* _Exercise instructions_:
Of the lines listed below, return exactly those that run from the line containing "-- Digits, with" through the line containing "signed_digits (c ∷", both included.
### Given data
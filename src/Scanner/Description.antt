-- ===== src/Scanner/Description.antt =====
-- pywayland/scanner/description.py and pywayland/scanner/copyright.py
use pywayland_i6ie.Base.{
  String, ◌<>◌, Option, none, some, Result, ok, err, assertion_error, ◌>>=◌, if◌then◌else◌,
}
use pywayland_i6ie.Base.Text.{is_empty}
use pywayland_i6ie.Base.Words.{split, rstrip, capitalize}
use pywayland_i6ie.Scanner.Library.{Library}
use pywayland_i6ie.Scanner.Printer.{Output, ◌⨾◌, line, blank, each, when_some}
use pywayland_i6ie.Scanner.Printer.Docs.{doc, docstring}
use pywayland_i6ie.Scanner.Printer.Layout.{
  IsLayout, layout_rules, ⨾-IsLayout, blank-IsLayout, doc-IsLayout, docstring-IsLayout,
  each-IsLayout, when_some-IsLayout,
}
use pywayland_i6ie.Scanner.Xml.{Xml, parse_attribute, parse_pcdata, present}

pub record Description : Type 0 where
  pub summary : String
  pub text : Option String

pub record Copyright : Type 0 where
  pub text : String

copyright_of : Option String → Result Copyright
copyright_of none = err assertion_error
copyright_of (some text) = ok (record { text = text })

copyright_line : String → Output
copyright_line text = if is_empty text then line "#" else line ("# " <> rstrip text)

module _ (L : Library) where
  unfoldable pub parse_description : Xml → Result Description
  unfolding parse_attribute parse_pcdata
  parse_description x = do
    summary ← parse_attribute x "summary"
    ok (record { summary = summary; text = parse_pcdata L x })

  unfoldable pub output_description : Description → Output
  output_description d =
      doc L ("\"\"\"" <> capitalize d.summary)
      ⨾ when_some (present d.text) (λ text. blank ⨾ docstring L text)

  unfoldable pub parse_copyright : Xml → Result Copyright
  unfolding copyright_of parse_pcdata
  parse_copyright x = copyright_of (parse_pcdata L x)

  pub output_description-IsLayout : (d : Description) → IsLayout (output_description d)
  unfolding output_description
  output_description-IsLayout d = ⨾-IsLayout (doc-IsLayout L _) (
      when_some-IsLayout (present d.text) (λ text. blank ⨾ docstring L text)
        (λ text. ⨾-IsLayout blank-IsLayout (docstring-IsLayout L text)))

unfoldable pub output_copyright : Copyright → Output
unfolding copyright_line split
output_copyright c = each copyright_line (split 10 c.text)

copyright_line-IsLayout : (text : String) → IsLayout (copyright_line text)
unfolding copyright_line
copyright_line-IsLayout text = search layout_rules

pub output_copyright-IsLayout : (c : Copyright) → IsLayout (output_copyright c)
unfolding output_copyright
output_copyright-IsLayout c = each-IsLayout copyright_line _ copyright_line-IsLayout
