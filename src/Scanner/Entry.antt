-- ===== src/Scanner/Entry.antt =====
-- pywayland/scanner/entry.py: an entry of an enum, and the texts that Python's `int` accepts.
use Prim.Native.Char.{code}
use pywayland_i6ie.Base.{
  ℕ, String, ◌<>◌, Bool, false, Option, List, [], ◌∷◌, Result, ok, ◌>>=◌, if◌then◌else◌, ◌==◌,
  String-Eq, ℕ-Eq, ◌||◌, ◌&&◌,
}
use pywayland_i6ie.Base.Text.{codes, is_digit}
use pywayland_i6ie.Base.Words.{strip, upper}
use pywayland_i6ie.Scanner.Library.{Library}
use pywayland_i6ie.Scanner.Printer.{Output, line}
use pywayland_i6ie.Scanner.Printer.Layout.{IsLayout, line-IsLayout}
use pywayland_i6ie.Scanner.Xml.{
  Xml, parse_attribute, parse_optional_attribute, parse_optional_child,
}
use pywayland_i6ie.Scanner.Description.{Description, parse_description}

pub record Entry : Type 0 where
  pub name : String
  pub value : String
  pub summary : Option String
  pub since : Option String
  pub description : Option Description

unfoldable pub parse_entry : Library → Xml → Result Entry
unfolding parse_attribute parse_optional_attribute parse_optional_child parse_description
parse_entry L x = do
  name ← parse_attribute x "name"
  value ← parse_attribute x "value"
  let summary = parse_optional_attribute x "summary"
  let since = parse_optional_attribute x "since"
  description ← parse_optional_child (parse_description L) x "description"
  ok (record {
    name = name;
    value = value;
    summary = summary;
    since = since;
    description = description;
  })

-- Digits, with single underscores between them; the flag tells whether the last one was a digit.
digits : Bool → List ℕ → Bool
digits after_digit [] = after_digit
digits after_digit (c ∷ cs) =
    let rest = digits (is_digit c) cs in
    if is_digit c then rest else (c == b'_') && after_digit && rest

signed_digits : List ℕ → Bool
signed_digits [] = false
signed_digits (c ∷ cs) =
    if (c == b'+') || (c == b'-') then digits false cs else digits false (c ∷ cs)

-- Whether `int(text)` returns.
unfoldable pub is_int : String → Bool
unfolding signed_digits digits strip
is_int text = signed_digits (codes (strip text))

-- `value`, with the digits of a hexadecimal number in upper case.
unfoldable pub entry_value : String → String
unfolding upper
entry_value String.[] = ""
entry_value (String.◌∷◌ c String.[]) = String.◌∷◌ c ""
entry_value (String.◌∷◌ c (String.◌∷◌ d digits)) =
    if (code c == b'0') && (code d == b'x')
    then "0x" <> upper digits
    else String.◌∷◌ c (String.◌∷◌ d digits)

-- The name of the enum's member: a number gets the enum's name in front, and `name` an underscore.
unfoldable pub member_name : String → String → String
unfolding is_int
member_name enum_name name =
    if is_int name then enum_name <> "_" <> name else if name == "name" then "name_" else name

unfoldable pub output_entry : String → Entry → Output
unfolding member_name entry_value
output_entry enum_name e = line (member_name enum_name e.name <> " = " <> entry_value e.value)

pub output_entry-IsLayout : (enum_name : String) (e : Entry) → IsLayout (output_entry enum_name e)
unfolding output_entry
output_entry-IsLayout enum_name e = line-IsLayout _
######
* _Answer to the exercise_:
-- Digits, with single underscores between them; the flag tells whether the last one was a digit.
digits : Bool → List ℕ → Bool
digits after_digit [] = after_digit
digits after_digit (c ∷ cs) =
    let rest = digits (is_digit c) cs in
    if is_digit c then rest else (c == b'_') && after_digit && rest

signed_digits : List ℕ → Bool
signed_digits [] = false
signed_digits (c ∷ cs) =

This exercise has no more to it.